Learning a programming language is not absolutely necessary when using most of the bioinformatics tools described in this book. However, when analyzing high-throughput datasets it is neccessary to use them. In particular, Python and R are the most used languages in data science, including Bioinformatics. There are many free online resources to learn the basics of these programming languages. Check their web pages for tutorials for beginners.

Screenshot of the Python home page at https://www.python.org.

Figure 6.7: Screenshot of the Python home page at https://www.python.org.

Screenshot of the R home page at https://www.r-project.org.

Figure 6.8: Screenshot of the R home page at https://www.r-project.org.

6.2.5 Support Communities

Learning Bioinformatics, as with any other complex topic, can be daunting. Often Bioinformatics software come with good and detailed documentation and. It is also possible to frequently find short tutorials that can help newcomers get started. It is important to get a good understanding of the methods being used when the goal is to publish your results. The Bioinformatics community can sometimes help in the learning process by providing solutions to the most frequently encountered problems.
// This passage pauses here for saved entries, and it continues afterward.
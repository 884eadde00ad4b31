-- ===== src/Access/Moves.antt =====
-- What each step of a run does to the tables and the caches.

use teldrive_easy.Prelude.{
  ℕ, ◌≡◌, refl, sym, subst, List, [], Option, none, some, inl, inr, Option-cases, Bool-cases, ◌==◌,
  Bool, true, false, if◌then◌else◌,
}
use teldrive_easy.Events.Maps.{lookup, delete, put}
use teldrive_easy.Access.Rows.{Unique, put-Unique, update_row-Unique}
use teldrive_easy.Access.Tables.{
  ApiKey, Session, get_by_id, get_by_refresh_token_hash, revoke, revoke_key, revoked,
  update_refresh_token_hash, with_refresh_hash,
}
use teldrive_easy.Access.Service.{
  CachedKey, Cleared, Store, auth_refresh, clear_caches, create_session, in_future, removed_session,
  revoke_session, stored_key, users_create_api_key, users_remove_api_key, users_remove_session,
  verify_api_key, verify_user, write_key, write_session,
}
use teldrive_easy.Access.Coherent.{AllIn, AllIn-delete, AllIn-nil, Entries}
use teldrive_easy.Access.Checks.{
  Reads, verify_api_key-Entries, verify_user-Entries, write_key-Entries, write_session-Entries,
}
use teldrive_easy.Access.Unchanged.{
  verify_api_key_sessions, verify_user_sessions, write_key_sessions, write_session_sessions,
}
use teldrive_easy.Access.Changes.{
  Ended, Grows, Grows-put, Grows-refresh, Grows-revoke, Grows-same, put-Ended, revoked_dead,
  update_row-Ended, with_refresh_hash_dead,
}
use teldrive_easy.Access.Runs.{Step, kept, refreshed, step}

-- What a step does: no row is lost or comes back to life, and what holds for all entries, and for
-- what is read from the tables, still holds for all entries.
pub record Moves (st next : Store) : Type 1 where
  pub unique : Unique next.sessions
  pub grows : Grows st.sessions next.sessions
  pub ended : (k : ℕ) → Ended k st.sessions → Ended k next.sessions
  pub entries :
      (holds : ℕ × Session → Type 0) (keys_hold : ℕ × CachedKey → Type 0)
      → Reads holds keys_hold st
      → Entries holds keys_hold st
      → Entries holds keys_hold next

abbrev entries_of :
    {holds : ℕ × Session → Type 0} {keys_hold : ℕ × CachedKey → Type 0} {st : Store}
    (sessions : List (ℕ × Session)) (api_keys : List (ℕ × ApiKey))
    → Entries holds keys_hold st
    → Entries holds keys_hold (record st { sessions = sessions; api_keys = api_keys })
entries_of sessions api_keys c = record {
  sessions = c.sessions;
  keys = c.keys;
  late_sessions = c.late_sessions;
  late_keys = c.late_keys;
}

Moves-stay : (st : Store) → Unique st.sessions → Moves st st
Moves-stay st u = record {
  unique = u;
  grows = Grows-same st.sessions;
  ended = λ k h. h;
  entries = λ p q rd c. c;
}

Moves-keys :
    (st : Store) (keys : List (ℕ × ApiKey))
    → Unique st.sessions
    → Moves st (record st { api_keys = keys })
Moves-keys st keys u = record {
  unique = u;
  grows = Grows-same st.sessions;
  ended = λ k h. h;
  entries = λ p q rd c. entries_of st.sessions keys c;
}

create_session-Moves :
    (id : ℕ) (s : Session) (st : Store)
    → Unique st.sessions
    → Moves st (kept st (create_session id s st))
unfolding create_session kept
create_session-Moves id s st u = elim (Option-cases (lookup id st.sessions)) [
  | inl l ↦
      rw (l, create_session)
        (record {
          unique = put-Unique id s st.sessions u;
          grows = Grows-put id s st.sessions l;
          ended = λ k. put-Ended id k s st.sessions l;
          entries = λ p q rd c. entries_of (put id s st.sessions) st.api_keys c;
        })
  | inr (old, l) ↦ rw (l, create_session) (Moves-stay st u)
]

refreshes-Moves :
    (token_hash new_hash : ℕ) (st : Store)
    → Unique st.sessions
    → Moves st (refreshed st (auth_refresh token_hash new_hash st))
unfolding auth_refresh refreshed update_refresh_token_hash
refreshes-Moves token_hash new_hash st u =
    elim (Option-cases (get_by_refresh_token_hash token_hash st.sessions)) [
      | inl l ↦ rw (l, auth_refresh) (Moves-stay st u)
      | inr (r, l) ↦
          rw (l, auth_refresh)
            (record {
              unique = update_row-Unique r.0 (with_refresh_hash new_hash) st.sessions u;
              grows = Grows-refresh r.0 new_hash st.sessions;
              ended = λ k.
                  update_row-Ended r.0 k (with_refresh_hash new_hash) st.sessions
                    (with_refresh_hash_dead new_hash);
              entries = λ p q rd c.
                  entries_of (update_refresh_token_hash r.0 new_hash st.sessions) st.api_keys c;
            })
    ]

revoke_session-Moves :
    (now id : ℕ) (st : Store) → Unique st.sessions → Moves st (revoke_session now id st)
unfolding revoke_session revoke
revoke_session-Moves now id st u = record {
  unique = update_row-Unique id (revoked now) st.sessions u;
  grows = Grows-revoke now id st.sessions;
  ended = λ k. update_row-Ended id k (revoked now) st.sessions (revoked_dead now);
  entries = λ p q rd c. entries_of (revoke now id st.sessions) st.api_keys c;
}

removed-Moves :
    (now user id : ℕ) (st : Store) (o : Option Session)
    → Unique st.sessions
    → Moves st (kept st (removed_session now user id st o))
unfolding removed_session kept
removed-Moves now user id st none u = Moves-stay st u
removed-Moves now user id st (some s) u = elim (Bool-cases (s.user_id == user)) [
  | inl e ↦ rw e (revoke_session-Moves now id st u)
  | inr e ↦ rw e (Moves-stay st u)
]

stored_key-Moves :
    (id : ℕ) (k : ApiKey) (st : Store) (o : Option ApiKey)
    → Unique st.sessions
    → Moves st (kept st (stored_key id k st o))
unfolding stored_key kept
stored_key-Moves id k st none u = Moves-keys st (put id k st.api_keys) u
stored_key-Moves id k st (some old) u = Moves-stay st u

creates_key-Moves :
    (now user id token_hash : ℕ) (expires_at : Option ℕ) (st : Store)
    → Unique st.sessions
    → Moves st (kept st (users_create_api_key now user id token_hash expires_at st))
unfolding users_create_api_key kept
creates_key-Moves now user id token_hash expires_at st u =
    elim (Bool-cases (in_future now expires_at)) [
      | inl e ↦ rw e (stored_key-Moves id _ st (lookup id st.api_keys) u)
      | inr e ↦ rw e (Moves-stay st u)
    ]

emptied :
    (q : ℕ × CachedKey → Type 0) (ok : Bool) (m : List (ℕ × CachedKey))
    → AllIn q m
    → AllIn q (if ok then [] else m)
emptied q true m h = AllIn-nil q
emptied q false m h = h

removes_key-Moves :
    (now user id : ℕ) (ok : Bool) (st : Store)
    → Unique st.sessions
    → Moves st (kept st (users_remove_api_key now user id ok st))
unfolding users_remove_api_key kept
removes_key-Moves now user id ok st u = elim (Option-cases (revoke_key now user id st.api_keys)) [
  | inl e ↦ rw (e, users_remove_api_key) (Moves-stay st u)
  | inr (keys, e) ↦
      rw (e, users_remove_api_key)
        (record {
          unique = u;
          grows = Grows-same st.sessions;
          ended = λ k h. h;
          entries = λ p q rd c. record {
            sessions = c.sessions;
            keys = emptied q ok st.cached_keys c.keys;
            late_sessions = c.late_sessions;
            late_keys = c.late_keys;
          };
        })
]

clear_caches-Moves :
    (id : ℕ) (r : Cleared) (st : Store) → Unique st.sessions → Moves st (clear_caches id r st)
unfolding clear_caches
clear_caches-Moves id r st u = record {
  unique = u;
  grows = Grows-same st.sessions;
  ended = λ k h. h;
  entries = λ p q rd c. record {
    sessions = elim (Bool-cases r.session) [
      | inl e ↦ rw e (AllIn-delete p id st.cached_sessions c.sessions)
      | inr e ↦ rw e c.sessions
    ];
    keys = emptied q r.keys st.cached_keys c.keys;
    late_sessions = c.late_sessions;
    late_keys = c.late_keys;
  };
}

-- A step that leaves the table of sessions.
Moves-Reads :
    (st next : Store)
    → next.sessions ≡ st.sessions
    → Unique st.sessions
    → ((holds : ℕ × Session → Type 0) (keys_hold : ℕ × CachedKey → Type 0)
        → Reads holds keys_hold st
        → Entries holds keys_hold st
        → Entries holds keys_hold next)
    → Moves st next
Moves-Reads st next e u f = record {
  unique = subst Unique (sym e) u;
  grows = subst (Grows st.sessions) (sym e) (Grows-same st.sessions);
  ended = λ k. subst (Ended k) (sym e);
  entries = f;
}

pub step-Moves : (x : Step) (st : Store) → Unique st.sessions → Moves st (step x st)
unfolding step users_remove_session
step-Moves (Step.checks_user d) st u =
    Moves-Reads st (verify_user d st).1 (verify_user_sessions d st) u
      (λ p q rd c. verify_user-Entries p q d st rd c)
step-Moves (Step.checks_key now h) st u =
    Moves-Reads st (verify_api_key now h st).1 (verify_api_key_sessions now h st) u
      (λ p q rd c. verify_api_key-Entries p q now h st u rd c)
step-Moves (Step.writes_session n ok) st u =
    Moves-Reads st (write_session n ok st) (write_session_sessions n ok st) u
      (λ p q rd c. write_session-Entries p q n ok st c)
step-Moves (Step.writes_key n ok) st u =
    Moves-Reads st (write_key n ok st) (write_key_sessions n ok st) u
      (λ p q rd c. write_key-Entries p q n ok st c)
step-Moves (Step.logs_in id s) st u = create_session-Moves id s st u
step-Moves (Step.refreshes token_hash new_hash) st u = refreshes-Moves token_hash new_hash st u
step-Moves (Step.revokes now id) st u = revoke_session-Moves now id st u
step-Moves (Step.removes_session now user id) st u =
    removed-Moves now user id st (get_by_id id st.sessions) u
step-Moves (Step.clears id r) st u = clear_caches-Moves id r st u
step-Moves (Step.creates_key now user id token_hash expires_at) st u =
    creates_key-Moves now user id token_hash expires_at st u
step-Moves (Step.removes_key now user id ok) st u = removes_key-Moves now user id ok st u
step-Moves (Step.forgets_session id) st u =
    Moves-Reads st (record st { cached_sessions = delete id st.cached_sessions }) refl u
      (λ p q rd c. record {
        sessions = AllIn-delete p id st.cached_sessions c.sessions;
        keys = c.keys;
        late_sessions = c.late_sessions;
        late_keys = c.late_keys;
      })
step-Moves (Step.forgets_key h) st u =
    Moves-Reads st (record st { cached_keys = delete h st.cached_keys }) refl u
      (λ p q rd c. record {
        sessions = c.sessions;
        keys = AllIn-delete q h st.cached_keys c.keys;
        late_sessions = c.late_sessions;
        late_keys = c.late_keys;
      })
Here I will highlight some of the most relevant online communities for the Bioinformatician.

Biostars

Biostars is an online community deboted to answering questions about “bioinformatics, computational genomics and biological data analysis”. Users can post questions, get answers in the same post. There is a rating system that enables to give credit to good questions and answers. It is possible to include comments for further clarification and discussion.
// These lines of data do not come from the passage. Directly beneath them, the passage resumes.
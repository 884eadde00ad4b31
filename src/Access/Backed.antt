-- ===== src/Access/Backed.antt =====
-- Every request that is accepted has a session behind it.
use mathlib.Core.Option.{none-ne-some}
use teldrive_easy.Prelude.{◌≡◌, refl, sym, ◌∙◌, List, [], ◌∷◌, none, some, inl, inr}
use teldrive_easy.Events.Maps.{lookup}
use teldrive_easy.Access.Tables.{Session}
use teldrive_easy.Access.Service.{Claims, Decoded, Store, accepted, verify_user}
use teldrive_easy.Access.Coherent.{AllIn-nil, BacksKey, BacksSession, Coherent, get_by_id-lookup}
use teldrive_easy.Access.Checks.{Reads}
use teldrive_easy.Access.Changes.{Entries-grown}
use teldrive_easy.Access.Accepted.{verify_user-accepted}
use teldrive_easy.Access.Runs.{Step, empty_store, run, step}
use teldrive_easy.Access.Moves.{step-Moves}

Reads-rows : (st : Store) → Reads (BacksSession st.sessions) (BacksKey st.sessions) st
Reads-rows st = (
  λ id s g. let (l, active) = get_by_id-lookup id st.sessions s g in (s, l, refl, refl),
  λ h e (s, l, active, user, tg). (s, l, user, tg),
)

step-Coherent : (x : Step) (st : Store) → Coherent st → Coherent (step x st)
step-Coherent x st (u, c) =
    let m = step-Moves x st u in
    (
      m.unique,
      Entries-grown st.sessions (step x st).sessions (step x st) m.grows
          (m.entries (BacksSession st.sessions) (BacksKey st.sessions) (Reads-rows st) c),
    )

run-from : (xs : List Step) (st : Store) → Coherent st → Coherent (run xs st)
unfolding run
run-from [] st c = c
run-from (x ∷ xs) st c = run-from xs (step x st) (step-Coherent x st c)

pub run-Coherent : (xs : List Step) → Coherent (run xs empty_store)
unfolding empty_store
run-Coherent xs = run-from xs empty_store (
  tt,
  record {
    sessions = AllIn-nil (BacksSession []);
    keys = AllIn-nil (BacksKey []);
    late_sessions = tt;
    late_keys = tt;
  },
)

-- After any run of requests, logins, refreshes, logouts and changes of keys, in whatever order their
-- steps come and whatever writes and deletions of the caches fail, a token is accepted only with the
-- id and the Telegram session of a row of the table of sessions; and that row is not revoked, unless
-- the session is still cached.
pub verify_user-run :
    (xs : List Step) (d : Decoded) (c : Claims)
    → (verify_user d (run xs empty_store)).0 ≡ accepted c
    → (r : Session) × (lookup c.session_id (run xs empty_store).sessions ≡ some r)
      × (r.tg_session ≡ c.tg_session)
      × (lookup c.session_id (run xs empty_store).cached_sessions ≡ none → r.revoked_at ≡ none)
verify_user-run xs d c e =
    let st = run xs empty_store in
    let (s, tg, from) = verify_user-accepted d st c e in
    elim from [
      | inl l ↦
          let (r, l', user, tg') = (run-Coherent xs).1.sessions c.session_id s l in
          (r, l', tg' ∙ tg, λ n. absurd (none-ne-some s (sym n ∙ l)))
      | inr (n, g) ↦
          let (l, active) = get_by_id-lookup c.session_id st.sessions s g in
          (s, l, tg, λ n'. active)
    ]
Bioinformatics Stack Exchange

Another useful resource for solving general questions related to Bioinformatics can be the Bioinformatics Stack Exchange network. These site follows the same phylosohpy of Biostars (indeed, Biostars originated in the old version of Stack Exchange) but offers, in my opinion, a better user inteface. The site is still in beta but most of the Biostars community can be found also in this new site.

Bioconductor support site

The Bioconductor support site provides support for questions related to the use of Bioconductor, using a similar interface to Biostars.
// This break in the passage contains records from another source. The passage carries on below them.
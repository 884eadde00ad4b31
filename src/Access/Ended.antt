-- ===== src/Access/Ended.antt =====
-- A session that has ended.
use mathlib.Core.Bool.{false≢true}
use mathlib.Core.Option.{none-ne-some, some-injective}
use teldrive_easy.Prelude.{
  ℕ, ◌≡◌, ◌≢◌, refl, sym, ap, ◌∙◌, true, false, List, [], ◌∷◌, some, inl, inr, Option-cases,
}
use teldrive_easy.Events.Maps.{lookup, delete, lookup-delete_self}
use teldrive_easy.Access.Rows.{Unique, lookup-update_row_self}
use teldrive_easy.Access.Tables.{Session, get_by_id, is_null, revoke, revoked}
use teldrive_easy.Access.Service.{
  CachedKey, Claims, Decoded, Store, accepted, claims_of, clear_caches, revoke_session,
  verify_api_key, verify_user,
}
use teldrive_easy.Access.Coherent.{AllIn, AllIn-nil, AllOf, Entries, get_by_id-lookup}
use teldrive_easy.Access.Accepted.{verify_api_key-accepted, verify_user-accepted}
use teldrive_easy.Access.Changes.{Ended}
use teldrive_easy.Access.Checks.{MadeOf, Reads}
use teldrive_easy.Access.Runs.{Step, empty_store, run, step}
use teldrive_easy.Access.Moves.{step-Moves}
use teldrive_easy.Access.Backed.{run-Coherent}

not-active : (id : ℕ) (t : List (ℕ × Session)) (r : Session) → Ended id t → get_by_id id t ≢ some r
unfolding is_null
not-active id t r (s, l, dead) g =
    let (l', active) = get_by_id-lookup id t r g in
    let same : s ≡ r = some-injective s r (sym l ∙ l') in
    false≢true (sym dead ∙ ap (λ (x : Session). is_null x.revoked_at) same ∙ ap is_null active)

-- An entry that is not of the session.
abbrev pub OtherSession : ℕ → ℕ × Session → Type 0
OtherSession id p = p.0 ≢ id

abbrev pub OtherKey : ℕ → ℕ × CachedKey → Type 0
OtherKey id p = p.1.session_id ≢ id

-- The session has ended, and nothing of it is cached or about to be cached.
abbrev Clean : ℕ → Store → Type 0
Clean id st = Unique st.sessions × Ended id st.sessions × Entries (OtherSession id) (OtherKey id) st

not-made :
    (id : ℕ) (t : List (ℕ × Session)) (e : CachedKey) → Ended id t → MadeOf t e → e.session_id ≢ id
unfolding is_null
not-made id t e (q, l, dead) (s, l', active, _, _) same =
    let eq : q ≡ s = some-injective q s (sym l ∙ ap (λ (i : ℕ). lookup i t) (sym same) ∙ l') in
    false≢true (sym dead ∙ ap (λ (x : Session). is_null x.revoked_at) eq ∙ ap is_null active)

not-read :
    (id : ℕ) (t : List (ℕ × Session)) (k : ℕ) (s : Session)
    → Ended id t
    → get_by_id k t ≡ some s
    → k ≢ id
not-read id t k s h g same = not-active id t s h (ap (λ (i : ℕ). get_by_id i t) (sym same) ∙ g)

Ended-Reads :
    (id : ℕ) (st : Store) → Ended id st.sessions → Reads (OtherSession id) (OtherKey id) st
Ended-Reads id st h =
    (λ k s g. not-read id st.sessions k s h g, λ k e m. not-made id st.sessions e h m)

step-Clean : (x : Step) (id : ℕ) (st : Store) → Clean id st → Clean id (step x st)
step-Clean x id st (u, h, c) =
    let m = step-Moves x st u in
    (m.unique, m.ended id h, m.entries (OtherSession id) (OtherKey id) (Ended-Reads id st h) c)

run-Clean : (xs : List Step) (id : ℕ) (st : Store) → Clean id st → Clean id (run xs st)
unfolding run
run-Clean [] id st h = h
run-Clean (x ∷ xs) id st h = run-Clean xs id (step x st) (step-Clean x id st h)

-- Up to the clearing, the session only stays ended.
run-Ended :
    (xs : List Step) (id : ℕ) (st : Store)
    → Unique st.sessions
    → Ended id st.sessions
    → Unique (run xs st).sessions × Ended id (run xs st).sessions
unfolding run
run-Ended [] id st u h = (u, h)
run-Ended (x ∷ xs) id st u h =
    let m = step-Moves x st u in run-Ended xs id (step x st) m.unique (m.ended id h)

deleted-Other : (id : ℕ) (m : List (ℕ × Session)) → AllIn (OtherSession id) (delete id m)
deleted-Other id m k s l same =
    none-ne-some s
      (sym (lookup-delete_self id m) ∙ ap (λ (i : ℕ). lookup i (delete id m)) (sym same) ∙ l)

clear_caches-Clean :
    (id : ℕ) (st : Store)
    → Unique st.sessions
    → Ended id st.sessions
    → AllOf (OtherSession id) st.late_sessions
    → AllOf (OtherKey id) st.late_keys
    → Clean id (clear_caches id (record { session = true; keys = true }) st)
unfolding clear_caches
clear_caches-Clean id st u h a b = (
  u,
  h,
  record {
    sessions = deleted-Other id st.cached_sessions;
    keys = AllIn-nil (OtherKey id);
    late_sessions = a;
    late_keys = b;
  },
)

revoked_null : (now : ℕ) (s : Session) → is_null (revoked now s).revoked_at ≡ false
unfolding revoked is_null
revoked_null now s = elim (Option-cases s.revoked_at) [ inl e ↦ rw e refl | inr (t, e) ↦ rw e refl ]

revoke_session-Ended :
    (now id : ℕ) (st : Store) (s : Session)
    → Unique st.sessions
    → lookup id st.sessions ≡ some s
    → Unique (revoke_session now id st).sessions × Ended id (revoke_session now id st).sessions
unfolding revoke_session revoke step
revoke_session-Ended now id st s u l = (
  (step-Moves (Step.revokes now id) st u).unique,
  (revoked now s, lookup-update_row_self id (revoked now) st.sessions s l, revoked_null now s),
)

Clean-refuses :
    (id : ℕ) (st : Store)
    → Clean id st
    → (d : Decoded) (at h : ℕ) (c : Claims) → c.session_id ≡ id
    → ((verify_user d st).0 ≢ accepted c) × ((verify_api_key at h st).0 ≢ accepted c)
unfolding claims_of
Clean-refuses id st (u, ended, entries) d at h c same = (
  λ e.
      let (s, tg, from) = verify_user-accepted d st c e in
      elim from [
        | inl l ↦ entries.sessions c.session_id s l same
        | inr (n, g) ↦ not-read id st.sessions c.session_id s ended g same
      ],
  λ e.
      let (x, eq, from) = verify_api_key-accepted at h st c u e in
      let key_of : x.session_id ≡ id = ap (λ (y : Claims). y.session_id) eq ∙ same in
      elim from [
        | inl (l, live) ↦ entries.keys h x l key_of
        | inr m ↦ not-made id st.sessions x ended m key_of
      ],
)

-- A session that exists is revoked, and later, after any steps of other requests, the caches are
-- cleared for it. If both deletions of cache entries succeed, and at that time no check that has read
-- the session is still to write its cache entry, then after any further steps no token and no API key
-- is accepted with the id of the session.
pub run-end_session :
    (xs ys zs : List Step) (now id : ℕ) (s : Session)
    → lookup id (run xs empty_store).sessions ≡ some s
    → AllOf (OtherSession id) (run ys (revoke_session now id (run xs empty_store))).late_sessions
    → AllOf (OtherKey id) (run ys (revoke_session now id (run xs empty_store))).late_keys
    → (d : Decoded) (at h : ℕ) (c : Claims) → c.session_id ≡ id
    → ((verify_user d (
          run zs (
            clear_caches id
              (record { session = true; keys = true })
              (run ys (revoke_session now id (run xs empty_store)))))).0
        ≢ accepted c)
      × ((verify_api_key at h (
            run zs (
              clear_caches id
                (record { session = true; keys = true })
                (run ys (revoke_session now id (run xs empty_store)))))).0
          ≢ accepted c)
run-end_session xs ys zs now id s l a b d at h c same =
    let old : Store = run xs empty_store in
    let (u, e) = revoke_session-Ended now id old s (run-Coherent xs).0 l in
    let (u', e') = run-Ended ys id (revoke_session now id old) u e in
    let st : Store = run ys (revoke_session now id old) in
    Clean-refuses id (run zs (clear_caches id (record { session = true; keys = true }) st))
      (run-Clean zs id (clear_caches id (record { session = true; keys = true }) st)
        (clear_caches-Clean id st u' e' a b))
      d at h c same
How to use the support sites

It is important to remember that online support sites are usually driven by voluntarees that lend their time and expertise to help others. Because the number of questions put in one of these support sites can be very large, it is very helpful if the questions themeselves are written in a way that simplify the work of those willing to help us with our doubts. For example, it is important to write simple yet meaningful titles that summarize what our problem is. This way the community can easily know if the question is related to a topic about which they have expertise. When describing your issues, be as explicit as possible. And whenever possible, include a minimal reproducible example. This is particularly important if you have problems with programming code but it can also apply to using a web server. For example, if you had some problem using a web server to generate a sequence aligment, include all the steps you performed to obtain the error (if any) you obtained. If possible, when needed, include a minimal example dataset to reproduce the error. In this example, it could be a small file with a few sequences that trigger the error.

The particulars will depend of the software and problem you are having. But as a rule of thumb it is always helpful to put yourself in the place of those reading your question, and imagining whether that is enough for them to understand your problem.